**What the task asks**
Return nothing except the lines from the one that contains "Ensures (IsLoaded (λ" through the end of the material below, each exactly as given.

-------- Supplied material --------

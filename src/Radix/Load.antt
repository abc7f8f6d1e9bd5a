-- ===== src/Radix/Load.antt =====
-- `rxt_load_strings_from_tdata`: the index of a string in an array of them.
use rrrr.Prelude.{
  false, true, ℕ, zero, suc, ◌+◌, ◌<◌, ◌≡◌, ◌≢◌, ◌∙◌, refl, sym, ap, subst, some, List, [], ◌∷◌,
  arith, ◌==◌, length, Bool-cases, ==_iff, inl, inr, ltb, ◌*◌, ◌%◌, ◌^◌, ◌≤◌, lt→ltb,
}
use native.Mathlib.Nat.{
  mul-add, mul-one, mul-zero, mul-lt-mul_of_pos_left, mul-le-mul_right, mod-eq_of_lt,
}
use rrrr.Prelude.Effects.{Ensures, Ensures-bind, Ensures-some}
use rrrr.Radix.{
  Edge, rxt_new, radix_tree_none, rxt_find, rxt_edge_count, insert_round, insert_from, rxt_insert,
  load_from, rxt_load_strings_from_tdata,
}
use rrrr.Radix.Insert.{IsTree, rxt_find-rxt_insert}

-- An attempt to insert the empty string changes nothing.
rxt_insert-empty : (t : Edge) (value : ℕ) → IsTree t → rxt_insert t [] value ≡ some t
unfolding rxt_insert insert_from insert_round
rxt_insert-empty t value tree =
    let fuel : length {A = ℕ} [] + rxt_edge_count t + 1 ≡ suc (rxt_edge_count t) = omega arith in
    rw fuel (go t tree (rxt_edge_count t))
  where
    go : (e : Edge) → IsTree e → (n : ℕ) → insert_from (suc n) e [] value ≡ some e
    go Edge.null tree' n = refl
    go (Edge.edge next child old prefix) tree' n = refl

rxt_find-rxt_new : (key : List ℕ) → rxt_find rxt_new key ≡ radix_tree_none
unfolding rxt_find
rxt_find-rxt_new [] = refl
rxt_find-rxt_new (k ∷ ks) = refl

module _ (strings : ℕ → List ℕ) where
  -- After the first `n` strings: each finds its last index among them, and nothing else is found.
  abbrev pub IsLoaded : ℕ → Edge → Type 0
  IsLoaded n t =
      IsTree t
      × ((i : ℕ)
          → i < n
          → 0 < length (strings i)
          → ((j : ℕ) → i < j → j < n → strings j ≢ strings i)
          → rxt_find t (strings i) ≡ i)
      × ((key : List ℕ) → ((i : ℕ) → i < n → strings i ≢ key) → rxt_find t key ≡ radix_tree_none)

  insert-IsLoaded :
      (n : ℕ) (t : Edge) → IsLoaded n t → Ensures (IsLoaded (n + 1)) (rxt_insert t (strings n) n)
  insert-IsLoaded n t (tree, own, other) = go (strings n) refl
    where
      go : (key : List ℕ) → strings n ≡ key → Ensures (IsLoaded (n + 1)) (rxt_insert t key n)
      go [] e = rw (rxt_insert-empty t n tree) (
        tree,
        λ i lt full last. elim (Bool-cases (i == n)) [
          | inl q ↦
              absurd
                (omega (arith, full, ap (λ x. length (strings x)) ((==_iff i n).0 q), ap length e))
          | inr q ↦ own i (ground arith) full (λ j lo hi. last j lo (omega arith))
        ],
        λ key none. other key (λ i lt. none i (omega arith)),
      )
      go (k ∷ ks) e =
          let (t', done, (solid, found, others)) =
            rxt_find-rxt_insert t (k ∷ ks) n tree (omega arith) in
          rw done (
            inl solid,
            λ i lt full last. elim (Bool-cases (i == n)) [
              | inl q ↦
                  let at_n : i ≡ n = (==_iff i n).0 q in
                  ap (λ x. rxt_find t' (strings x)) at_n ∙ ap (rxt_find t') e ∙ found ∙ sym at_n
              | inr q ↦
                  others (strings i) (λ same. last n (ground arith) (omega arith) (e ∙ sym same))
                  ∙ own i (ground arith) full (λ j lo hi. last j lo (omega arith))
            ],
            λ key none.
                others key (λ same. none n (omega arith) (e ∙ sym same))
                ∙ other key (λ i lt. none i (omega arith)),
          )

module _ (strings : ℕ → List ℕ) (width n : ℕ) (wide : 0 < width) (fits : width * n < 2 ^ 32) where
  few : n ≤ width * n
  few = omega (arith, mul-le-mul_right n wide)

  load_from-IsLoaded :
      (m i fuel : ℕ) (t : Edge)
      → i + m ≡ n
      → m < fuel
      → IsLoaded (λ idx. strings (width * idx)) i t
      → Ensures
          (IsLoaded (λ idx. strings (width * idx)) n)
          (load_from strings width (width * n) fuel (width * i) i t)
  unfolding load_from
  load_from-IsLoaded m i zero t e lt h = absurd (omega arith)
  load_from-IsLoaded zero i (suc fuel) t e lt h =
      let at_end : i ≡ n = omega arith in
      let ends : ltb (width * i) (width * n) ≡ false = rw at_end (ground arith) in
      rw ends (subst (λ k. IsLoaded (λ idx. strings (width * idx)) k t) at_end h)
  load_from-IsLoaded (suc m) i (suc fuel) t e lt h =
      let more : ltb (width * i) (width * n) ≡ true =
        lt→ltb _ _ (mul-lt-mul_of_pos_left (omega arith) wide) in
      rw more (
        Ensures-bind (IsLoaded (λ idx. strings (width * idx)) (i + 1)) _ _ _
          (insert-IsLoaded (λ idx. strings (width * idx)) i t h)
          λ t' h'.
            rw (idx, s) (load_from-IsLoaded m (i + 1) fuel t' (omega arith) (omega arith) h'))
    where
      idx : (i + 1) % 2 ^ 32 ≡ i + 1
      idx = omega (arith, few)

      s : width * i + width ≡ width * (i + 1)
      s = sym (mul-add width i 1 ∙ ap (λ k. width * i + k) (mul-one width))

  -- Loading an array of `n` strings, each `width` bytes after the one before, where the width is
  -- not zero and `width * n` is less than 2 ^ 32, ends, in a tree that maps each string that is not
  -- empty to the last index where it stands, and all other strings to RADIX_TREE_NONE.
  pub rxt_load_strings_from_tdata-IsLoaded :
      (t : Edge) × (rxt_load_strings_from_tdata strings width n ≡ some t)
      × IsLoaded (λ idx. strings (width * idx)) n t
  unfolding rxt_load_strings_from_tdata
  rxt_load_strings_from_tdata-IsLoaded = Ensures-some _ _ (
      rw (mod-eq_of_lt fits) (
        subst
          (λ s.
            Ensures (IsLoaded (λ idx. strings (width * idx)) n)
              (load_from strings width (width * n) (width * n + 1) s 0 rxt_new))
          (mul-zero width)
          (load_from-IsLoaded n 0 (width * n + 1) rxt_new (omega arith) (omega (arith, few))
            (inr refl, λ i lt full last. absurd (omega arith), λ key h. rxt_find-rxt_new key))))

--------

**Exercise response**
            Ensures (IsLoaded (λ idx. strings (width * idx)) n)
              (load_from strings width (width * n) (width * n + 1) s 0 rxt_new))
          (mul-zero width)
          (load_from-IsLoaded n 0 (width * n + 1) rxt_new (omega arith) (omega (arith, few))
            (inr refl, λ i lt full last. absurd (omega arith), λ key h. rxt_find-rxt_new key))))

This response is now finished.